They come and go, like tides. Funny how nature is like that - cycles, repetition, birth, growth, decline, death, rebirth..... Waves, cycles, seasons, patterns, never-ending. There is so much to be learned from that, to be gained from that in so many areas of life in this natural, physical world.
I am reminded, too, of a spiral, visualized as the DNA double-helix, building block form of everything. There are links, connections, between each "strand" in the spiral, and as all spirals do, it turns in a circle, but rises in the third dimension, ever upward.
That is how I view my life, a spiral, revisiting the same points on the compass repeatedly, but ever on a new plane of awareness, understanding, realization. Again, depression; again, elation; again, stagnation - but each time with a tiny bit of new vision, new experiencing. Sometimes, I cannot even perceive the differences. It is like being hit in the face with the same pie over and over again. It's times like that when I really want to scream "why?!"

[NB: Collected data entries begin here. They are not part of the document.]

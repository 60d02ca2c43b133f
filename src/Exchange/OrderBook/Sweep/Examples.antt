-- ===== src/Exchange/OrderBook/Sweep/Examples.antt =====
-- A book of two asks at one price and a bid, with an order and a level that are not linked in, and
-- the theorems about rings, views and sweeps at it.
use zquant_system.Prelude.{
  ℕ, ◌≡◌, refl, sym, ◌∙◌, ap, subst, true, false, none, some, [], ◌∷◌, arith, ◌==◌, ◌&&◌, ltb,
  if◌then◌else◌, Bool-cases, inl, inr, update₂, ◌%◌, ◌^◌,
}
use zquant_system.Prelude.Int.{pos, ltb_ℤ}
use zquant_system.Common.Types.{Side, Price}
use zquant_system.Common.Fault.{Outcome, NoFault, ok}
use zquant_system.Book.{Ptr, Book, OrdersAtPrice, level_at, price_to_index}
use zquant_system.Book.Ring.{has}
use zquant_system.Book.Ladder.Sorted.{IsLadder, is_traded}
use zquant_system.Book.View.{View, Represents, IsLevel, ladder, orders, with_ladder, with_queue}
use zquant_system.Exchange.OrderBook.Sweep.{sweep}
use zquant_system.Exchange.OrderBook.Sweep.Loop.{SweptBook}
use zquant_system.Exchange.OrderBook.Sweep.Total.{
  check_for_match-buy-sweep, check_for_match-sell-sweep,
}
use zquant_system.Book.Levels.{find_target, add_orders_at_price, remove_orders_at_price}
use zquant_system.Book.Orders.{append_order, remove_order}
use zquant_system.Book.Queue.{Relinked}
use zquant_system.Book.Ladder.Locate.{locate, find_target-locate}
use zquant_system.Book.Ladder.Insert.{LevelCame, add_orders_at_price-Laddered}
use zquant_system.Book.Ladder.Remove.{LevelRemoved}
use zquant_system.Book.View.Requeue.{append_order-Represents}
use zquant_system.Book.View.Relevel.{remove_orders_at_price-Represents}
use zquant_system.Book.View.Removal.{Gone}
use zquant_system.Book.View.RemoveOrder.{remove_order-erase}
use zquant_system.Exchange.OrderBook.{
  index_write, cancel, check_for_match, MeOrderKey, MeOrder, MeOrderBook, ClientOrderHashMap,
}
use zquant_system.Exchange.OrderBook.Index.{IsIndexed}
use zquant_system.Exchange.OrderBook.Cancel.Answer.{Erased, cancel-Erased}

abbrev key_of : ℕ → MeOrderKey
key_of i = record { ticker_id = 0; client_id = 1; client_order_id = i; market_order_id = i }

abbrev order : ℕ → Side → Price → Ptr → Ptr → MeOrder
order i side price prev next = record {
  key = key_of i;
  side = side;
  price = price;
  qty = 10;
  priority = 1;
  prev_order = prev;
  next_order = next;
}

abbrev order_of : ℕ → MeOrder
order_of i =
    if i == 0
    then order 0 Side.sell (pos 5) (some 1) (some 1)
    else if i == 1
    then order 1 Side.sell (pos 5) (some 0) (some 0)
    else if i == 2
    then order 2 Side.buy (pos 3) (some 2) (some 2)
    else order i Side.sell (pos 5) none none

abbrev level : Side → Price → Ptr → Ptr → Ptr → OrdersAtPrice
level side price first prev next = record {
  side = side;
  price = price;
  first_order = first;
  prev_entry = prev;
  next_entry = next;
}

abbrev level_of : ℕ → OrdersAtPrice
level_of i =
    if i == 0
    then level Side.sell (pos 5) (some 0) (some 0) (some 0)
    else if i == 1
    then level Side.buy (pos 3) (some 2) (some 1) (some 1)
    else level Side.sell (pos 4) (some 3) none none

abbrev three : Book MeOrderKey ClientOrderHashMap
three = record {
  orders_at_price_pool = record {
    store = λ i. record { object = level_of i; is_free = false };
    size = 8;
    next_free_index = 3;
  };
  order_pool = record {
    store = λ i. record { object = order_of i; is_free = false };
    size = 8;
    next_free_index = 4;
  };
  bids_by_price = some 1;
  asks_by_price = some 0;
  price_orders_at_price = λ i. if i == 5 then some 0 else if i == 3 then some 1 else none;
  order_index = λ c i. if c == 1 && ltb i 3 then some i else none;
}

abbrev three_view : View
three_view = record {
  bids = 1 ∷ [];
  asks = 0 ∷ [];
  queue = λ l. if l == 0 then 0 ∷ 1 ∷ [] else if l == 1 then 2 ∷ [] else [];
}

asks-IsLadder : IsLadder Side.sell three (0 ∷ [])
asks-IsLadder = record {
  best = refl;
  ring = (refl, refl);
  distinct = (refl, tt);
  sorted = (λ y k. absurd (ground arith), tt);
}

bids-IsLadder : IsLadder Side.buy three (1 ∷ [])
bids-IsLadder = record {
  best = refl;
  ring = (refl, refl);
  distinct = (refl, tt);
  sorted = (λ y k. absurd (ground arith), tt);
}

ask-IsLevel : IsLevel three Side.sell 0 (0 ∷ 1 ∷ [])
unfolding price_to_index
ask-IsLevel = record {
  used = refl;
  in_pool = omega arith;
  side = refl;
  slot = refl;
  orders = record {
    first = refl;
    ring = (refl, refl, (refl, refl));
    distinct = (refl, (refl, tt));
  };
  first = (0, refl);
  members = λ p m. record {
    used = refl;
    in_pool = ground arith;
    side = ground arith;
    price = ground arith;
  };
}

bid-IsLevel : IsLevel three Side.buy 1 (2 ∷ [])
unfolding price_to_index
bid-IsLevel = record {
  used = refl;
  in_pool = omega arith;
  side = refl;
  slot = refl;
  orders = record { first = refl; ring = (refl, refl); distinct = (refl, tt) };
  first = (2, refl);
  members = λ p m. record {
    used = refl;
    in_pool = ground arith;
    side = ground arith;
    price = ground arith;
  };
}

three-ladders : (side : Side) → is_traded side ≡ true → IsLadder side three (ladder side three_view)
three-ladders Side.buy t = bids-IsLadder
three-ladders Side.sell t = asks-IsLadder
three-ladders Side.invalid t = absurd (ground arith)
three-ladders Side.max t = absurd (ground arith)

three-levels :
    (side : Side)
    → is_traded side ≡ true
    → (l : ℕ) → has l (ladder side three_view) ≡ true
    → IsLevel three side l (three_view.queue l)
three-levels Side.buy t l h =
    subst (λ l. IsLevel three Side.buy l (three_view.queue l)) {x = 1} (ground arith) bid-IsLevel
three-levels Side.sell t l h =
    subst (λ l. IsLevel three Side.sell l (three_view.queue l)) {x = 0} (ground arith) ask-IsLevel
three-levels Side.invalid t l h = absurd (ground arith)
three-levels Side.max t l h = absurd (ground arith)

index_of :
    (l i k n : ℕ)
    → k ≡ l
    → n ≡ i
    → price_to_index (level_at k three).price ≡ n
    → price_to_index (level_at l three).price ≡ i
index_of l i k n e f g = ap (λ l. price_to_index (level_at l three).price) (sym e) ∙ g ∙ f

three-table :
    (i l : ℕ)
    → three.price_orders_at_price i ≡ some l
    → (price_to_index (level_at l three).price ≡ i)
      × (side : Side) × (is_traded side ≡ true)
      × (has l (ladder side three_view) ≡ true)
unfolding price_to_index
three-table i l e = elim (Bool-cases (i == 5)) [
  | inl f ↦ (index_of l i 0 5 (ground arith) (ground arith) refl, Side.sell, refl, ground arith)
  | inr f ↦ (index_of l i 1 3 (ground arith) (ground arith) refl, Side.buy, refl, ground arith)
]

three-Represents : Represents three three_view
three-Represents = record { ladders = three-ladders; levels = three-levels; table = three-table }

abbrev three_orders : MeOrderBook
three_orders = record {
  ticker_id = 0;
  book = three;
  next_market_order_id = 9;
  client_responses = [];
  market_updates = [];
}

-- A buy order of 15 uses up the order 0 and half of the order 1.
swept : sweep (λ p. ltb_ℤ (pos 5) p) three 15 (0 ∷ 1 ∷ []) ≡ record {
  executions =
      record { order = 0; qty = 10; leaves = 5 } ∷ record { order = 1; qty = 5; leaves = 0 } ∷ [];
  left = 0;
  stay = 1 ∷ [];
}
unfolding sweep
swept = refl

check_for_match-buy-sweep_example :
    Outcome NoFault
      (λ left t.
        SweptBook 0 7 Side.buy 4
          (9 % 2 ^ 32)
          Side.sell
          (λ p. ltb_ℤ (pos 5) p)
          three_orders
          three_view
          (orders Side.sell three_view)
          15
          left
          t)
      (check_for_match 7 4 0 Side.buy (pos 5) 15 9 three_orders)
check_for_match-buy-sweep_example =
    check_for_match-buy-sweep 7 4 0 (pos 5) 15 9 three_orders three_view three-Represents
      (λ p m. ground arith)

check_for_match-sell-sweep_example :
    Outcome NoFault
      (λ left t.
        SweptBook 0 7 Side.sell 4
          (9 % 2 ^ 32)
          Side.buy
          (λ p. ltb_ℤ p (pos 3))
          three_orders
          three_view
          (orders Side.buy three_view)
          15
          left
          t)
      (check_for_match 7 4 0 Side.sell (pos 3) 15 9 three_orders)
check_for_match-sell-sweep_example =
    check_for_match-sell-sweep 7 4 0 (pos 3) 15 9 three_orders three_view three-Represents
      (λ p m. ground arith)

remove_order-erase_example :
    Outcome NoFault
      (λ _ c. Gone 1 (update₂ three.order_index 1 1 none) three three_view c)
      (remove_order index_write 1 three)
unfolding index_write
remove_order-erase_example =
    remove_order-erase index_write 1 (update₂ three.order_index 1 1 none) three three_view Side.sell
      three-Represents refl refl refl

remove_orders_at_price-Represents_example :
    Outcome NoFault
      (λ _ c.
        Represents c (with_ladder Side.sell [] three_view)
        × LevelRemoved Side.sell 0 (pos 5) (0 ∷ []) three c)
      (remove_orders_at_price Side.sell (pos 5) three)
remove_orders_at_price-Represents_example =
    remove_orders_at_price-Represents 0 Side.sell three three_view three-Represents refl refl

-- The order 3 goes behind the orders 0 and 1.
append_order-Represents_example :
    Outcome NoFault
      (λ _ c.
        Represents c (with_queue 0 (0 ∷ 1 ∷ 3 ∷ []) three_view) × ((i : ℕ) → Relinked i three c))
      (append_order 3 0 three)
append_order-Represents_example =
    append_order-Represents 3 0 Side.sell three three_view three-Represents refl refl
      (λ s k t h. ground arith)
      (record { used = refl; in_pool = omega arith; side = refl; price = refl })

-- The level 2, at 4, goes before the level 0, at 5.
add_orders_at_price-Laddered_example :
    Outcome NoFault (λ _ c. LevelCame 2 three (0 ∷ []) c) (add_orders_at_price 2 three)
add_orders_at_price-Laddered_example =
    add_orders_at_price-Laddered 2 three (0 ∷ []) refl refl (omega arith) (λ y h e. ground arith)
      asks-IsLadder

find_target-locate_example :
    find_target Side.sell (pos 4) 0 three ≡ ok (locate Side.sell (pos 4) three 0 (0 ∷ []))
find_target-locate_example =
    find_target-locate Side.sell (pos 4) three 0 [] (omega arith) (refl, tt) (refl, refl)

three-IsIndexed : IsIndexed three
three-IsIndexed c o p e = record {
  client_in_range = ground arith;
  order_in_range = ground arith;
  used = refl;
  client = ground arith;
  order = ground arith;
}

cancel-Erased_example :
    Outcome NoFault
      (λ _ t. Erased 1 1 0 three_orders 1 three-IsIndexed refl three_view t)
      (cancel 1 1 0 three_orders)
cancel-Erased_example =
    cancel-Erased 1 1 0 three_orders 1 three-IsIndexed refl three_view Side.sell three-Represents
      refl refl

I am many things, many things more and many things fewer than I think. I am more self-centered than I'd like to admit, though not as narcissistic as I had feared. I have more of an adventurous nature than I choose to act upon, and I am more in need of safety than I realized. I am not as aware or as evolved as I'd like to think at times, and I have a center of Knowing that I cannot begin to fathom. Wise and stupid; boring and dramatic; shy and exhibitionistic; loving and condemning; knowing and ignorant.... so many juxtapositions, how can I not cycle? How can I be anything other than always spiraling, one to the other, back and forth, just, I hope, ever upwards.
...To see the double-helix, one must focus in to the extreme - super-powered microscopic detail so long invisible to the human eye. And to really appreciate the cycles of nature, one must pull back - the crashing wave does little to reveal the rhythm of the tide; the falling leaf does not by itself show the cold, withering, death-rebirth pattern of the seasons. Time - factored by time, as well, I suppose.... One must take it all in over the space of enough time, time to see the ocean advance and recede, the tree die and re-bud, the heart mend and break and mend again....
I want to focus in, as deeply as I can, so I can see the spiraling nature of it all, and I want to pull back, wait it out, so I can appreciate the pattern and it's purpose. I will no longer refuse to see; I will no more be stuck in a moment; I cannot help but flow with this tide, this season, this knowing inside me - I am exactly who I need to be.